Company rollout

Team setup

Roles, naming conventions, and workspace standards before expanding access

The pilot becomes a real rollout when ownership is explicit and the operating model is written down. This page covers the steps to take before adding your second wave of users.

Define clear owners#

Legal lead

Owns workflow quality and review standards. Decides what counts as acceptable AI output for different task types.

Workspace admin

Keeps naming, folder structure, and playbook standards clean. Manages user access and onboarding.

Executive sponsor

Clears blockers and ties the rollout to a specific business outcome — not general AI curiosity.

Pilot users

First wave of real users. Their patterns, friction points, and shortcuts inform every decision before broader rollout.

Workspace naming standards#

Agree on a matter naming pattern before the first live project enters the system. A consistent format makes matters readable to anyone on the team and keeps the overview page useful.

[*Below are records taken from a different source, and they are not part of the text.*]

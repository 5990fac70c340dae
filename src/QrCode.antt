-- ===== src/QrCode.antt =====
-- The codes on tickets: `generateQRCode` of backend/src/orders/orders.service.ts and
-- `normalizeQrCodeInput` of backend/src/tickets/tickets.service.ts. A text is the list of its code
-- points.
pub mod RoundTrip
use Prim.Native.Char.{code}
use Prim.Native.String
use Prim.Native.String.{String}
use event_now.Prelude.{
  ℕ, zero, suc, ◌+◌, ◌-◌, ◌/◌, ◌%◌, ◌≤◌, ◌≡◌, Bool, true, false, not, ◌&&◌, ◌||◌, List, [], ◌∷◌,
  ◌++◌, map, ltb, leb, ◌==◌, if◌then◌else◌, filterb, all,
}
use mathlib.Core.List.{reverse}

abbrev pub codes : String → List ℕ
codes String.[] = []
codes (String.◌∷◌ c s) = code c ∷ codes s

abbrev pub is_digit : ℕ → Bool
is_digit c = leb b'0' c && leb c b'9'

-- A hexadecimal digit as `digest('hex')` writes it.
abbrev pub is_hex : ℕ → Bool
is_hex c = is_digit c || (leb b'a' c && leb c b'f')

-- White space as `trim` and `\s` take it.
abbrev pub is_space : ℕ → Bool
is_space c =
    (leb 9 c && leb c 13)
    || c == 32
    || c == 160
    || c == 0x1680
    || (leb 0x2000 c && leb c 0x200a)
    || c == 0x2028
    || c == 0x2029
    || c == 0x202f
    || c == 0x205f
    || c == 0x3000
    || c == 0xfeff

-- The class [\u2010-\u2015\u2212\uFE58\uFE63\uFF0D].
abbrev pub is_dash : ℕ → Bool
is_dash c =
    (leb 0x2010 c && leb c 0x2015) || c == 0x2212 || c == 0xfe58 || c == 0xfe63 || c == 0xff0d

unfoldable pub to_dash : ℕ → ℕ
to_dash c = if is_dash c then b'-' else c

-- `toUpperCase` on ASCII, which a ticket code is made of.
unfoldable pub to_upper : ℕ → ℕ
to_upper c = if leb b'a' c && leb c b'z' then c - 32 else c

unfoldable pub trim_start : List ℕ → List ℕ
trim_start [] = []
trim_start (c ∷ s) = if is_space c then trim_start s else c ∷ s

unfoldable pub trim : List ℕ → List ℕ
unfolding trim_start
trim s = reverse (trim_start (reverse (trim_start s)))

unfoldable pub remove_spaces : List ℕ → List ℕ
remove_spaces s = filterb (λ c. not (is_space c)) s

unfoldable pub normalize_qr_code_input : List ℕ → List ℕ
unfolding trim to_dash remove_spaces to_upper
normalize_qr_code_input raw = map to_upper (remove_spaces (map to_dash (trim raw)))

-- The decimal digits of a number, on fuel; a number has at most as many digits as its value plus 1.
decimal_from : ℕ → ℕ → List ℕ → List ℕ
decimal_from zero n acc = acc
decimal_from (suc fuel) n acc =
    let digits = (b'0' + n % 10) ∷ acc in
    let rest = decimal_from fuel (n / 10) digits in if n / 10 == 0 then digits else rest

pub decimal : ℕ → List ℕ
unfolding decimal_from
decimal n = decimal_from (n + 1) n []

-- Equality of texts.
abbrev pub same_code : List ℕ → List ℕ → Bool
same_code [] [] = true
same_code [] (d ∷ t) = false
same_code (c ∷ s) [] = false
same_code (c ∷ s) (d ∷ t) = c == d && same_code s t

-- What `crypto` and the random bytes give for an order, an index and a time: the first 16 digits of
-- a SHA-256 digest in hexadecimal.
pub record Crypto : Type 0 where
  pub digest : (order_id index timestamp : ℕ) → List ℕ
  pub digest-hex :
      (order_id index timestamp : ℕ) → all is_hex (digest order_id index timestamp) ≡ true

unfoldable pub generate_qr_code : Crypto → ℕ → ℕ → ℕ → List ℕ
unfolding decimal to_upper
generate_qr_code crypto order_id index timestamp =
    codes "TICKET-"
    ++ (map to_upper (crypto.digest order_id index timestamp) ++ codes "-" ++ decimal timestamp)
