-- ===== src/Payment.antt =====
-- backend/src/payment/payment.service.ts. Stripe is a parameter: what its calls answer and do to its
-- own records; `none` is a call that fails.
pub mod Refunds
mod Tests
use Prim.Native.String.{String}
use text.Mathlib.Text.{◌==◌ as str_eq}
use event_now.Prelude.{
  ℕ, ◌+◌, ◌*◌, Bool, true, false, not, Option, none, some, List, [], ◌∷◌, ltb, leb, if◌then◌else◌,
}
use event_now.Prelude.Int.{ℤ, pos, negsuc, ltbℤ, pos_part}
use event_now.Prelude.Outcome.{Outcome, ok, err, throw_if, or_throw, pure, get, ◌>>=◌, ◌>>◌}
use event_now.Prisma.{Prisma}
use event_now.Http.{HttpException, bad_request, record_not_found}
use event_now.Http
use event_now.Database.{Db, Booking, TicketCategory}
use event_now.Bookings.{owned_by, is_pending}

pub data PaymentStatus : Type 0 where
  succeeded not_succeeded : PaymentStatus

pub record PaymentIntent : Type 0 where
  pub status : PaymentStatus
  pub amount : ℕ

pub record Refund : Type 0 where
  pub status : PaymentStatus
  pub amount : ℕ

pub record Stripe : Type 1 where
  pub State : Type 0
  -- `paymentIntents.create` for an amount in cents: the new intent's id.
  pub create_intent : ℕ → State → Option (String × State)
  -- `paymentIntents.retrieve`.
  pub retrieve : String → State → Option PaymentIntent
  -- `refunds.list` for a payment intent, the first ten.
  pub list_refunds : String → State → Option (List Refund)
  -- `refunds.create`, of an amount or of all that is left.
  pub create_refund : String → Option ℕ → State → Option (Refund × State)

-- What a service works on that calls Stripe too.
pub record World (p : Prisma) (s : Stripe) : Type 0 where
  pub db : Db p
  pub stripe : s.State

pub data PaymentStart : Type 0 where
  free : (order_id : ℕ) (amount : ℤ) → PaymentStart
  started : (payment_id : String) (amount : ℤ) → PaymentStart

abbrev pub is_succeeded : PaymentStatus → Bool
is_succeeded succeeded = true
is_succeeded not_succeeded = false

-- The `reduce` of `refundPayment`.
unfoldable pub total_refunded : List Refund → ℕ
total_refunded [] = 0
total_refunded (r ∷ rs) = (if is_succeeded r.status then r.amount else 0) + total_refunded rs

module _ {p : Prisma} {s : Stripe} where
  -- A step on the database alone.
  abbrev pub on_db :
      {A : Type 0}
      → (Db p → Outcome HttpException (Db p) A)
      → World p s
      → Outcome HttpException (World p s) A
  on_db m w = elim (m w.db) [
    | ok a d ↦ ok a (record w { db = d })
    | err e d ↦ err e (record w { db = d })
  ]

  start_intent : ℤ → World p s → Outcome HttpException (World p s) PaymentStart
  start_intent amount w = elim (s.create_intent (pos_part amount) w.stripe) [
    | none ↦ err (bad_request Http.stripe_unavailable) w
    | some (id, stripe) ↦ ok (started id amount) (record w { stripe = stripe })
  ]

  unfoldable pub create_payment_intent :
      ℕ → ℕ → Option ℤ → ℕ → World p s → Outcome HttpException (World p s) PaymentStart
  unfolding start_intent
  create_payment_intent booking_id user_id override_amount now = do
    w ← get
    booking ←
        or_throw (owned_by user_id (p.find_unique booking_id w.db.booking))
          (bad_request Http.booking_missing)
    category ←
        or_throw (p.find_unique booking.ticket_category_id w.db.ticket_category) record_not_found
    throw_if (not (is_pending booking.status)) (bad_request Http.booking_processed)
    throw_if (ltb booking.expires_at now) (bad_request Http.booking_expired)
    let amount = chosen override_amount (pos (category.price * booking.quantity))
    throw_if (ltbℤ amount (pos 50)) (bad_request Http.amount_too_small)
    start_intent amount
    where
      chosen : Option ℤ → ℤ → ℤ
      chosen none price = price
      chosen (some a) price = a

  finish_refund : String → Option ℕ → World p s → Outcome HttpException (World p s) Refund
  finish_refund id amount w = elim (s.create_refund id amount w.stripe) [
    | none ↦ err (bad_request Http.refund_unavailable) w
    | some (r, stripe) ↦ ok r (record w { stripe = stripe })
  ]

  -- `refundPayment`; an amount is in cents.
  unfoldable pub refund_payment :
      String → Option ℕ → World p s → Outcome HttpException (World p s) Refund
  unfolding finish_refund
  refund_payment id amount = do
    throw_if (str_eq id "") (bad_request Http.no_payment_id)
    w ← get
    intent ← or_throw (s.retrieve id w.stripe) (bad_request Http.refund_unavailable)
    throw_if (not (is_succeeded intent.status)) (bad_request Http.payment_not_refundable)
    refunds ← or_throw (s.list_refunds id w.stripe) (bad_request Http.refund_unavailable)
    throw_if (leb intent.amount (total_refunded refunds))
        (bad_request Http.payment_already_refunded)
    finish_refund id amount
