-- ===== src/Tests.antt =====
-- A small database in memory, to which the tests of the other modules apply the theorems on the
-- services (backend/src).
use event_now.Prelude.{
  ℕ, ◌+◌, ltb, zero, suc, ◌≡◌, all, refl, none, some, List, [], ◌∷◌, Bool, true, false, ◌==◌,
  if◌then◌else◌,
}
use event_now.Prelude.Int.{pos}
use event_now.Prisma.Rows.{in_memory}
use event_now.Database.{
  Db, User, Event, TicketCategory, Booking, BookingStatus, Order, OrderStatus, Ticket, PromoCode,
  EventItem, ItemStatus, EventType, EventStatus, Role, percentage, Poll, PollOption, PollStatus,
}
use event_now.QrCode.{Crypto, is_hex}
use event_now.Payment.{Stripe, Refund, succeeded}
use event_now.Redis.{Redis}
use event_now.Bookings.{CreateBookingDto}

abbrev pub concert : Event
concert = record {
  title = "Concert";
  organizer_id = 9;
  event_date = 100000000;
  end_date = none;
  cancelled_at = none;
  cancel_reason = none;
  type = EventType.professional;
  status = EventStatus.active;
}

abbrev pub standing : TicketCategory
standing = record {
  event_id = 0;
  name = "Fosse";
  price = 2500;
  initial_stock = 10;
  current_stock = 7;
}

-- User 7 holds three places until time 5000.
abbrev pub hold : Booking
hold = record {
  user_id = 7;
  ticket_category_id = 0;
  quantity = 3;
  status = BookingStatus.pending;
  expires_at = 5000;
  order_id = none;
}

abbrev pub dropped : Booking
dropped = record hold { status = BookingStatus.cancelled }

abbrev pub spring : PromoCode
spring = record {
  code = "SPRING";
  event_id = 0;
  created_by_id = 9;
  discount_type = percentage;
  discount_value = pos 2000;
  max_uses = some 5;
  current_uses = 4;
  expires_at = none;
  is_active = true;
}

-- Booking 0 is dropped, booking 1 is pending.
abbrev pub sample : Db in_memory
sample = record {
  user = [];
  event = some concert ∷ [];
  ticket_category = some standing ∷ [];
  booking = some hold ∷ some dropped ∷ [];
  order = [];
  ticket = [];
  promo_code = some spring ∷ [];
  notification = [];
  event_staff = [];
  participation_request = [];
  event_item_list = [];
  event_item = [];
  social = record {
    follow = [];
    staff_invitation = [];
    review = [];
    participant_review = [];
    report = [];
  };
  ballots = record { poll = []; poll_option = []; poll_vote = [] };
  chat = record { conversation = []; conversation_member = []; message = [] };
}

-- Order 0 is paid and has two tickets, one of them used; order 1 was refunded.
abbrev pub bought : Order
bought = record {
  user_id = 7;
  total_amount = pos 5000;
  status = OrderStatus.paid;
  payment_intent_id = some "pi_1";
}

abbrev pub given_back_order : Order
given_back_order = record bought { status = OrderStatus.refunded }

abbrev pub entry : Ticket
entry = record {
  order_id = 0;
  ticket_category_id = 0;
  qr_code = b'A' ∷ b'-' ∷ b'1' ∷ [];
  validated_at = none;
}

abbrev pub used_entry : Ticket
used_entry = record entry { qr_code = b'A' ∷ b'-' ∷ b'2' ∷ []; validated_at = some 5 }

abbrev pub in_order : Booking
in_order = record hold { quantity = 2; status = BookingStatus.confirmed; order_id = some 0 }

abbrev pub replicate : {A : Type 0} → ℕ → A → List A
replicate zero a = []
replicate (suc n) a = a ∷ replicate n a

abbrev pub reader : User
reader = record {
  username = none;
  email = "a@b";
  role = Role.user;
  is_banned = false;
  banned_at = none;
}

-- After a sale: user 8 is of the staff of the concert.
abbrev pub sold : Db in_memory
sold = record sample {
  user = replicate 9 (some reader);
  booking = some in_order ∷ [];
  order = some given_back_order ∷ some bought ∷ [];
  ticket = some used_entry ∷ some entry ∷ [];
  event_staff = some (record { event_id = 0; user_id = 8 }) ∷ [];
}

pub replicate-IsHex : (n : ℕ) → all is_hex (replicate n b'a') ≡ true
replicate-IsHex zero = refl
replicate-IsHex (suc n) = replicate-IsHex n

-- A digest that depends on the index.
abbrev pub crypto : Crypto
crypto = record { digest = λ o i t. replicate i b'a'; digest-hex = λ o i t. replicate-IsHex i }

-- A Stripe account that has taken 50 euros and keeps the list of refunds.
abbrev pub account : Stripe
account = record {
  State = List Refund;
  create_intent = λ n x. some ("pi_2", x);
  retrieve = λ id x. some (record { amount = 5000; status = succeeded });
  list_refunds = λ id x. some x;
  create_refund = λ id amount x. some (
    record { amount = 5000; status = succeeded },
    (record { amount = 5000; status = succeeded }) ∷ x,
  );
}

abbrev pub two_places : CreateBookingDto
two_places = record { ticket_category_id = 0; quantity = 2 }

-- A community event with an item that user 7 brings.
abbrev pub picnic : Event
picnic = record concert { title = "Pique-nique"; type = EventType.community }

abbrev pub bread : EventItem
bread = record {
  list_id = 0;
  name = "Pain";
  quantity = 2;
  unit = none;
  note = none;
  status = ItemStatus.claimed;
  claimed_by_id = some 7;
  added_by_id = 9;
}

abbrev pub shared : Db in_memory
shared = record sample {
  event = some picnic ∷ [];
  event_item_list = some (record { event_id = 0 }) ∷ [];
  event_item = some bread ∷ [];
}

-- Locks as a function of the key and the time.
abbrev pub locks : Redis
locks = record {
  Keys = ℕ → ℕ → Bool;
  exists = λ k t s. s k t;
  set = λ k ttl now s. λ j t. if k == j then ltb t (now + ttl) else s j t;
  del = λ k s. λ j t. if k == j then false else s j t;
  exists-set = λ j k ttl now t s h. refl;
  exists-del = λ j k t s. refl;
}

-- A poll of the picnic with two options, on which user 9, the organizer, has voted for the first.
abbrev pub which_day : Poll
which_day = record {
  event_id = 0;
  created_by_id = 9;
  question = "Quel jour ?";
  status = PollStatus.is_open;
  multiple_choice = true;
  closes_at = none;
  created_at = 0;
}

abbrev pub saturday : PollOption
saturday = record { poll_id = 0; text = "Samedi"; order = 0 }

abbrev pub sunday : PollOption
sunday = record { poll_id = 0; text = "Dimanche"; order = 1 }

abbrev pub polled : Db in_memory
polled = record shared {
  ballots = record {
    poll = some which_day ∷ [];
    poll_option = some sunday ∷ some saturday ∷ [];
    poll_vote = some (record { poll_id = 0; option_id = 0; user_id = 9 }) ∷ [];
  };
}
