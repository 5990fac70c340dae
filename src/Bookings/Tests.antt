-- ===== src/Bookings/Tests.antt =====
-- The theorems on bookings applied to a small database (backend/src/bookings/bookings.service.ts).
use event_now.Prelude.{ℕ, ◌≡◌, ◌≤◌, ◌↔◌, false, none, some, refl, arith}
use event_now.Prelude.Outcome.{ok, err, final}
use event_now.Prisma.Rows.{in_memory}
use event_now.Http.{bad_request, insufficient_stock}
use event_now.Database.{Db, Booking, BookingStatus, Event, TicketCategory}
use event_now.Bookings.Calls.{booked, create_booking_ok_iff}
use event_now.Bookings.Expiry.{Linked, expire_old_bookings_clears}
use event_now.Bookings.{
  CreateBookingDto, create_booking, cancel_booking, expire_old_bookings, is_overdue,
}
use event_now.Bookings.Stock.{Balanced, cancel_booking_dead}
use event_now.Tests.{sample, two_places, dropped, standing}

sample-Balanced : Balanced sample
sample-Balanced k c h = ground arith

cancel_booking_dead_example : ¬ Balanced (final (cancel_booking 0 7 sample))
cancel_booking_dead_example =
    cancel_booking_dead 0 7 dropped standing sample refl refl refl refl (omega arith)
      sample-Balanced

sample-Linked : Linked sample
sample-Linked k b h = ground arith

expire_old_bookings_clears_example :
    (d' : Db in_memory) × (expire_old_bookings 9000 sample ≡ ok 1 d')
    × ((k : ℕ) (b : Booking)
        → in_memory.find_unique k d'.booking ≡ some b
        → is_overdue 9000 b ≡ false)
expire_old_bookings_clears_example = expire_old_bookings_clears 9000 sample sample-Linked

create_booking_ok_iff_example :
    (create_booking 4 two_places 1000 sample ≡ ok 2 (booked 4 two_places 1000 sample)) ↔ (
      (c : TicketCategory) × (e : Event) × (in_memory.find_unique 0 sample.ticket_category ≡ some c)
      × (in_memory.find_unique c.event_id sample.event ≡ some e)
      × (e.cancelled_at ≡ none)
      × (2 ≤ c.current_stock)
      × (2 ≡ in_memory.new_id sample.booking)
      × (booked 4 two_places 1000 sample ≡ booked 4 two_places 1000 sample))
create_booking_ok_iff_example =
    create_booking_ok_iff 4 two_places 1000 2 sample (booked 4 two_places 1000 sample)

abbrev too_many : CreateBookingDto
too_many = record { ticket_category_id = 0; quantity = 8 }

sold_out :
    create_booking 4 too_many 1000 sample
    ≡ err (bad_request (insufficient_stock 7 8)) (final (create_booking 4 too_many 1000 sample))
unfolding create_booking
sold_out = refl

abbrev paid_hold : Db in_memory
paid_hold = record sample {
  booking = in_memory.modify 1 (λ b. record b { status = BookingStatus.confirmed }) sample.booking;
}
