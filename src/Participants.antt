-- ===== src/Participants.antt =====
-- Who takes part in a community event: the access check that backend/src/event-items and
-- backend/src/polls have in common, each with its own message.
use event_now.Prelude.{
  ℕ, ◌≡◌, ◌⊎◌, Bool, true, false, not, ◌&&◌, ◌||◌, Option, none, some, ◌==◌, Option-cases,
  Bool-cases, inl, inr, arith,
}
use event_now.Prelude.Outcome.{ok, err, throw_if, pure, get, ◌>>=◌, ◌>>◌}
use event_now.Prisma.{Prisma}
use event_now.Http.{HttpException, Message, bad_request, not_found, forbidden}
use event_now.Http
use event_now.Database.{
  Db, Handler, Event, EventType, ParticipationRequest, RequestStatus, events, find_or_throw,
}

abbrev pub is_community : EventType → Bool
is_community EventType.community = true
is_community EventType.professional = false

abbrev pub is_accepted : RequestStatus → Bool
is_accepted RequestStatus.accepted = true
is_accepted _ = false

abbrev pub is_request_of : ℕ → ℕ → ParticipationRequest → Bool
is_request_of event_id user_id r = r.event_id == event_id && r.user_id == user_id

abbrev pub is_accepted_request : Option (ℕ × ParticipationRequest) → Bool
is_accepted_request none = false
is_accepted_request (some (id, r)) = is_accepted r.status

module _ {p : Prisma} where
  unfoldable pub check_participant : Message → ℕ → ℕ → Handler p Event
  check_participant refusal user_id event_id = do
    event ← find_or_throw events event_id (not_found Http.event_missing)
    throw_if (not (is_community event.type)) (bad_request Http.community_only)
    db ← get
    throw_if
        (not (event.organizer_id == user_id)
          && not (
              is_accepted_request
                (p.find_first (is_request_of event_id user_id) db.participation_request)))
        (forbidden refusal)
    pure event

  abbrev may_see : ℕ → ℕ → Event → Db p → Bool
  may_see user_id event_id ev d =
      ev.organizer_id == user_id
      || is_accepted_request (p.find_first (is_request_of event_id user_id) d.participation_request)

  -- The check changes nothing.
  pub check_participant_cases :
      (m : Message) (user_id event_id : ℕ) (d : Db p)
      → ((ev : Event) × (check_participant m user_id event_id d ≡ ok ev d))
        ⊎ ((e : HttpException) × (check_participant m user_id event_id d ≡ err e d))
  unfolding check_participant
  check_participant_cases m user_id event_id d =
      elim (Option-cases (p.find_unique event_id d.event)) [
        | inl e ↦ inr (not_found Http.event_missing, ground (arith, e))
        | inr (ev, e) ↦ elim (Bool-cases (is_community ev.type)) [
          | inr closed ↦ inr (bad_request Http.community_only, ground (arith, e))
          | inl shared ↦ elim (Bool-cases (may_see user_id event_id ev d)) [
            | inl may ↦ inl (ev, ground (arith, e, may))
            | inr barred ↦ inr (forbidden m, ground (arith, e, barred))
          ]
        ]
      ]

Recommended pattern: Client or BU / Issue or Project / Year

Examples:

  • Acme Corp / Supply Agreement Review / 2026
  • HR / Employment Policy Update / Q2
  • Litigation / Sharma v. Singh / 2026

30-day rollout plan#

1

Week 1: prove one workflow

Run a small number of matters end to end with the pilot group. Note where the team hesitates, leaves the product, or falls back to email.

2

Week 2: fix the operating model

Revise naming, folder, and review standards based on real pilot behaviour — not theory. Write down what changed and why.

3

Week 3: train the next group

Onboard the next wave with a short written guide, one or two example matters, and a walkthrough of the most common workflow. Don't teach by demo alone.

4

Week 4: decide on expansion

Look for repeatable value, not novelty. Expand only when the team can explain how the product should be used without needing live support.

Before adding more users#

  • The matter naming standard is written down and the existing matters follow it.
  • The folder structure in the Library is clean and predictable.
  • Review expectations for external-facing outputs are explicit and communicated.
  • At least one completed matter exists as a reference for new users.
  • The workspace admin has a process for onboarding new users consistently.